# DTC Codes: P0420 and P0430



## sadatay (Nov 22, 2005)

Hello All...

New to the forum.....

I have a question regarding my 2001 Maxima SE. It has 162,000 almost trouble free miles.

My check engine light is on, and I am getting Codes: P0420 and P0430, *Catalyst Efficiency below Threshold Banks 1&2*

The dealer says I have to replace both catalytic converters and all FOUR O2 sensors. That runs almost $2800 total...  

I really don't think its the catalytic converter because she's running strong as ever and I have not smelled the "sulfur" smell as i've read from the other posts.

Anyone might know how I can begin to trouble shoot this??

Much Appreciated!


----------



## brianw (Feb 25, 2004)

Wow, is the dealer including a lube job with that?

More likely it's just o2 sensors that are getting old. Should be $100-150 a pop if you use genuine Nissan replacements. $15 for a 22mm open-end wrench and $3 for some anti-seize compound... then do it yourself.


----------



## Puppetmaster (Mar 28, 2005)

I agree with Brian.... do the O2s yourself and see what happens. 

Use this the diagrams in this TSB as a guide: 

http://maxima.theowensfamily.com/tsb/NTB02-051a.pdf

Additionally, the FSM lists some other possible causes that you can check: 

Exhaust tube
Intake air leaks
Injectors
Injector leaks
Spark plug
Improper ignition timing


----------



## Puppetmaster (Mar 28, 2005)

Just to add one more thing, the 420 and 430 codes are for both pre-cats. If they go bad, you won't necessarily smell anything because the main cat will still be able to take care of that. 

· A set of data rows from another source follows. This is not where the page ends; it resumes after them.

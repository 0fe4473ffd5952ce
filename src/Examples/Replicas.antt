-- ===== src/Examples/Replicas.antt =====
-- A leader whose entry is committed while it waits, and a node that is elected later.
use unfs3_raft.Base.{
  Bool, not, ◌&&◌, ◌||◌, ◌==◌, ==_refl, ℕ, zero, suc, ◌+◌, ◌≤◌, ◌≡◌, refl, true, false, none, some,
  [], ◌∷◌, arith, ltb, if◌then◌else◌, inr,
}
use unfs3_raft.Raft.Ring.{Ring, put_result}
use unfs3_raft.Raft.Ring.Collect.{put_all}
use unfs3_raft.Raft.Replicate.{
  RaftServer, Timespec, raft_make_progress, wait_round, rounds, raft_serialize_and_replicate_nfs_op,
}
use unfs3_raft.Raft.Replicate.Commit.{CommitsWithin, Answers, replicated}
use unfs3_raft.Daemon.{
  Program, nfs3_program, mountprog, Net, Settings, Daemon, pf_inet6, sock_stream, poll_ready,
}
use unfs3_raft.Daemon.Round.{leadership_lost, become_leader}
use unfs3_raft.Daemon.Registered.{IsRegistry}
use unfs3_raft.Daemon.Handover.{IsLiving, CanFail, Serving, Retired, handover_lem}
use unfs3_raft.Daemon.Keeps.{Ends}

abbrev no_results : Ring ℕ
no_results = record {
  result_buffer = λ i. record { index = 0; data_ptr = 0 };
  write_pos = 0;
  read_pos = 0;
}

abbrev moment : Timespec
moment = record { tv_sec = 1; tv_nsec = 0 }

-- The state is the index that is committed, with the results.
abbrev test_server : RaftServer ℕ
test_server = record {
  State = ℕ × Ring ℕ;
  is_leader = λ st. true;
  current_leader = λ st. some 1;
  current_idx = λ st. 6;
  commit_idx = λ st. st.0;
  apply_all = λ st. if ltb st.0 7 then st else (st.0, put_result 7 70 st.1);
  recv_entry = λ st entry. (st, some 7);
  periodic = λ elapsed st. st;
  net_receive = λ st. st;
  usleep = λ usec st. (7, st.1);
  clock = λ st. moment;
  last_progress_time = λ st. moment;
  set_last_progress_time = λ time st. st;
  raft_disabled = λ st. false;
  ring = λ st. st.1;
  set_ring = λ ring st. (st.0, ring);
}

commits : CommitsWithin test_server 1 7 (0, no_results)
unfolding wait_round raft_make_progress
commits = inr (refl, omega arith)

applies :
    (m : ℕ)
    → m ≤ 1
    → 7 ≤ (rounds test_server m (0, no_results)).0
    → (d : ℕ) × Answers test_server 7 d (rounds test_server m (0, no_results))
unfolding wait_round raft_make_progress put_all
applies zero few done = absurd (omega (arith, done))
applies (suc zero) few done = (
  70,
  record {
    before = no_results;
    others = [];
    valid = record { write_in = omega arith; read_in = omega arith };
    absent = tt;
    other = tt;
    put = refl;
  },
)
applies (suc (suc m)) few done = absurd (omega arith)

replicated_example :
    (m : ℕ) × (d : ℕ) × (st' : ℕ × Ring ℕ) × (m ≤ 1)
    × Answers test_server 7 d (rounds test_server m (0, no_results))
    × (raft_serialize_and_replicate_nfs_op test_server 16 0
          (λ size. true)
          2
          1
          []
          none
          4
          (some (1 ∷ 2 ∷ 3 ∷ 4 ∷ []))
          (0, no_results)
        ≡ some (some d, st'))
replicated_example =
    replicated test_server 16 0 (λ size. true) 1 [] none 4 (1 ∷ 2 ∷ 3 ∷ 4 ∷ []) (0, no_results)
      (0, no_results) 7 1 refl refl refl refl commits applies 2 (omega arith)

-- The next transport, what is registered, and which transports there are.
abbrev Rpc : Type 0
Rpc = ℕ × (ℕ → Program → ℕ → Bool) × (ℕ → Bool)

abbrev same_program : Program → Program → Bool
same_program nfs3_program nfs3_program = true
same_program nfs3_program mountprog = false
same_program mountprog nfs3_program = false
same_program mountprog mountprog = true

abbrev test_net : Net
test_net = record {
  State = Rpc;
  no_family = λ s. false;
  socket = λ domain type s. (s, some 5);
  socket_domain = λ fd s. some pf_inet6;
  socket_type = λ fd s. some sock_stream;
  clear_v6only = λ fd s. s;
  set_reuseaddr = λ fd s. s;
  bind = λ fd addr s. (s, true);
  listen = λ fd s. (s, true);
  usleep = λ usec s. s;
  svc_create = λ type fd s. ((s.0 + 1, s.1, λ x. (x == s.0) || s.2 x), some s.0);
  xp_fd = λ transp s. 5;
  getnetconfigent = λ id s. true;
  svc_reg = λ transp prog vers id s. (
    (s.0, (λ t p v. ((t == transp) && (same_program p prog && (v == vers))) || s.1 t p v), s.2),
    true,
  );
  svc_unreg =
      λ prog vers s. (s.0, (λ t p v. not (same_program p prog && (v == vers)) && s.1 t p v), s.2);
  xprt_unregister = λ transp s. s;
  shutdown = λ fd s. s;
  svc_destroy = λ transp s. (s.0, s.1, λ x. not (x == transp) && s.2 x);
  close_inactive = λ s. s;
  svc_max_pollfd = λ s. 1;
  realloc_pollfds = λ count s. (s, true);
  poll = λ count s. (s, poll_ready 1);
  svc_getreq_poll = λ count s. s;
  raft_make_progress = λ s. s;
  raft_disabled = λ s. false;
  raft_is_leader = λ s. true;
  raft_become_follower = λ s. s;
}

abbrev registered : ℕ → Program → ℕ → Rpc → Bool
registered t p v s = s.1 t p v

abbrev alive : ℕ → Rpc → Bool
alive t s = s.2 t

same_program_refl : (p : Program) → same_program p p ≡ true
same_program_refl nfs3_program = refl
same_program_refl mountprog = refl

test_net-IsRegistry : IsRegistry test_net registered
test_net-IsRegistry = record {
  registers = λ t p v id s ok. rw (==_refl t, same_program_refl p, ==_refl v) refl;
  reg_keeps = λ t p v id s t' p' v' h. ground (arith, h);
  unreg_keeps = λ v s t v' h. h;
}

test_net-IsLiving : IsLiving test_net alive
test_net-IsLiving = record {
  destroyed = λ t s. rw (==_refl t) refl;
  by_xprt_unregister = λ t x s h. h;
  by_shutdown = λ fd x s h. h;
  by_svc_destroy = λ t x s h. ground (arith, h);
}

abbrev test_settings : Settings
test_settings = record {
  opt_tcponly = false;
  opt_portmapper = true;
  opt_nfs_port = 2049;
  opt_mount_port = 2049;
  opt_bind_addr = 0 ∷ 0 ∷ 0 ∷ 0 ∷ [];
}

-- A node that holds the transports 1 and 2.
abbrev holding : Daemon Rpc
holding = record {
  net = (3, (λ t p v. false), λ t. (t == 1) || (t == 2));
  nfs_udptransp = some 1;
  nfs_tcptransp = some 2;
  mount_udptransp = some 1;
  mount_tcptransp = some 2;
  was_leader = true;
  is_leader_now = true;
  pollfds_len = 0;
}

handover_lem_example :
    let serving =
      Serving test_net test_settings registered alive test_net-IsRegistry test_net-IsLiving
        holding in
    let retired =
      Retired test_net test_settings registered alive test_net-IsRegistry test_net-IsLiving
        holding in
    Ends
      (CanFail test_net test_settings registered alive test_net-IsRegistry test_net-IsLiving)
      (λ r. serving r.1)
      (become_leader test_net test_settings holding)
    × Ends ⊥ (λ r. retired r.1) (leadership_lost test_net holding)
handover_lem_example =
    handover_lem test_net test_settings registered alive test_net-IsRegistry test_net-IsLiving
      holding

I'm beginning to doubt the O2 sensor replacement as a fix, but I know for sure that an O2 simulator to trick the ECU will work as a quick (and cheaper) alternative to replacing the pre-cats. You can read more about em at www.o2sim.com. 

Alternatively, you could get aftermarket headers and do away with the pre-cats altogether, it'll be cheaper than getting new pre-cats and you'll get about an extra 20 whp to play with.


----------



## tcostanz (Nov 14, 2007)

be careful, replaced to downstream o2 sensors and the light came back. the quality of nissan is deteriorating. i have a feeling the cats are bad. but in any case even if you have to replace the cats the o2 sensors first this is the first time that i will have to change the converters. 95 % the o2's worked


----------



## tcostanz (Nov 14, 2007)

hello, i am wondering, i have changed both downstream oxygen sensors, in 2 different nissans, 1 maxima and 1 sentr. the one in the sentra somebody changed the converters and the upstresn o2 sensoer. i was wondering on both nissans, i only saw the engine temperture get to 176 degrees farenhieght. i have not seen the cars again but my next step is change the thermostat and see if i can get to 190 or higher. i am worndering if the car is running a slight rich from the cooler temperture. if you change the thermostat and the problem solve please post it


----------